For many and many a day thereafter that happy evening lingered in Alison's memory, though she hardly knew how she got through the garden, and across the road, and down the shingle to the boat that was awaiting her. All the air seemed full of music; this was like a love-letter that had been sent her; all kinds of wistful fancies that had once been discarded were summoned back now; and she wished to say just two words to Ludovick, and to look into his eyes.

"You seem to have had good news, Alison," said Flora to her, when she had got seated at the tiller, and the two cousins were leisurely pulling out into the loch.

"Yes," she answered, with her checks grown rosy-red, “I—I have had a very kind letter-from Agnes."

"Oh, from Agnes ?" Flora repeated, with a glance of surprise; but she said nothing further; and presently brother and sister had settled into their long steady stroke, which seemed to afford them sufficient interest and occupation.

As for Alison, she did not care to break the gracious silence that was all around them; her heart was murmuring to her of its own happiness as they pulled along.
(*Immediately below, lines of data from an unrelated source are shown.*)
-- ===== src/Outcome.antt =====
-- What a run of the C++ code comes to: it returns, throws, does what the language leaves undefined,
-- calls `std::terminate`, is still running when the fuel of a loop is spent, or does what the model
-- leaves out.
use simple_orderbook_v.Common.{◌≡◌, refl, ap, subst, Option, none, some}

pub data Exception : Type 0 where
  logic_error out_of_range : Exception

pub data Outcome {ℓ} (A : Type ℓ) : Type ℓ where
  returned : A → Outcome A
  threw : Exception → Outcome A
  undefined : Outcome A
  terminated : Outcome A
  out_of_fuel : Outcome A
  unmodelled : Outcome A

infixl 5 ◌>>=◌
abbrev pub ◌>>=◌ {ℓ κ} : {A : Type ℓ} {B : Type κ} → Outcome A → (A → Outcome B) → Outcome B
returned a >>= f = f a
threw e >>= f = threw e
undefined >>= f = undefined
terminated >>= f = terminated
out_of_fuel >>= f = out_of_fuel
unmodelled >>= f = unmodelled

-- The value of an `Option`, or an exception.
abbrev pub or_throw {ℓ} : {A : Type ℓ} → Option A → Exception → Outcome A
or_throw none e = threw e
or_throw (some a) e = returned a

-- A run that returns a value of which `P` holds.
pub data Returns {ℓ κ} {A : Type ℓ} (P : A → Type κ) : Outcome A → Type (ℓ ⊔ κ) where
  returns : {a : A} → P a → Returns P (returned a)

module _ {ℓ κ} {A : Type ℓ} {P : A → Type κ} where
  pub Returns-bind {ℓ' κ'} :
      {B : Type ℓ'} {Q : B → Type κ'} {r : Outcome A} {k : A → Outcome B}
      → Returns P r
      → ((a : A) → P a → Returns Q (k a))
      → Returns Q (r >>= k)
  Returns-bind (returns p) next = next _ p

  pub Returns-mono {κ'} :
      {Q : A → Type κ'} {r : Outcome A} → Returns P r → ((a : A) → P a → Q a) → Returns Q r
  Returns-mono (returns p) weaken = returns (weaken _ p)

  pub Returns-value : {r : Outcome A} → Returns P r → (a : A) × (r ≡ returned a) × P a
  Returns-value (returns p) = (_, refl, p)

abbrev pub value_or {ℓ} : {A : Type ℓ} → A → Outcome A → A
value_or d (returned a) = a
value_or d (threw e) = d
value_or d undefined = d
value_or d terminated = d
value_or d out_of_fuel = d
value_or d unmodelled = d

pub Returns-returned {ℓ κ} :
    {A : Type ℓ} {P : A → Type κ} {r : Outcome A} {a : A} → r ≡ returned a → Returns P r → P a
Returns-returned {P = P} {a = a} e (returns p) = subst P (ap (value_or a) e) p

module _ {ℓ κ} {A : Type ℓ} {B : Type κ} where
  pub bind-cong :
      (r : Outcome A) {f g : A → Outcome B} → ((a : A) → f a ≡ g a) → (r >>= f) ≡ (r >>= g)
  bind-cong (returned a) e = e a
  bind-cong (threw x) e = refl
  bind-cong undefined e = refl
  bind-cong terminated e = refl
  bind-cong out_of_fuel e = refl
  bind-cong unmodelled e = refl

  -- A run of two parts that returns: both have returned.
  pub >>=-eq-returned :
      (r : Outcome A) (f : A → Outcome B) {b : B}
      → (r >>= f) ≡ returned b
      → (a : A) × (r ≡ returned a) × (f a ≡ returned b)
  >>=-eq-returned (returned a) f h = (a, refl, h)
  >>=-eq-returned (threw x) f h = cc
  >>=-eq-returned undefined f h = cc
  >>=-eq-returned terminated f h = cc
  >>=-eq-returned out_of_fuel f h = cc
  >>=-eq-returned unmodelled f h = cc

pub bind_assoc {ℓ κ μ} :
    {A : Type ℓ} {B : Type κ} {C : Type μ} (r : Outcome A) (f : A → Outcome B) (g : B → Outcome C)
    → (r >>= f >>= g) ≡ (r >>= λ a. f a >>= g)
bind_assoc (returned a) f g = refl
bind_assoc (threw x) f g = refl
bind_assoc undefined f g = refl
bind_assoc terminated f g = refl
bind_assoc out_of_fuel f g = refl
bind_assoc unmodelled f g = refl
She did not think of asking herself whether there was not something suspicious in the fact of Agnes having so completely ignored all her references to Captain Ludovick being a Catholic, and the possible trouble arising therefrom; she did not reflect that her sister might, out of an extreme delicacy and kindness, have refused, at such a time, to say anything that would dim her tender hopes. No; she only thought that she would like to show this letter to Ludovick. Did it not confirm all his prognostications? Was it not a fair beginning? Her heart within her said yes again and again, with an exceeding comfort and joy.

Moreover, she had plenty of time to weave these fond fancies; for the two cousins, as they worked away at the oars, were humming together snatches of Gaelic airs that did not interfere with her. It was a beautiful evening, now that the sun had sunk behind the western hills: just above the lofty peaks the sky was of the clearest gold, fading into a pale translucent purple overhead; while the waters of the loch around them were all of a trembling and lapping lilac - gray, with the universal, sudden, bewildering

ripples grown almost black. As the time went by, the twilight became more wan and ghostly; and yet the objects along the opposite shore, under the darkening hills and the pine-woods, could be made out with a strange, a livid, distinctness. Then the first lights began to appear-a quivering orange ray here and there that told of a distant window or perhaps of an anchored yacht making all snug for the night. When they finally got ashore, and made their way up to the house through the garden, the slumbering air was sweet with the scents of the flowers, and there were bats flitting about the eaves, suddenly swooping between them and the pale, clear sky. On the threshold she paused and looked back. It was an evening long to be remembered—an evening of visions and dreams.

CHAPTER XVI.

A BOLT FROM THE BLUE.

BUT, as it happened, the very next day brought another communication from Kirk o' Shields that was destined to lead the way to a sudden and unexpected crisis. A little accident helped. When Aunt Gilchrist took the as yet unopened envelope with her into the parlor, where the rest of the family were seated at the table for afternoon tea-the Doctor having also dropped in by chance and just as she was about to sit down, she struck her foot sharply against the leg of the chair. For a second she bit her lip in silence, and it was clear she was suffering considerable pain; then she muttered to herself,

"Dang this confounded thing!"

"Your language, Jane," said the Doctor, quite good-naturedly, "might be a little more gentle."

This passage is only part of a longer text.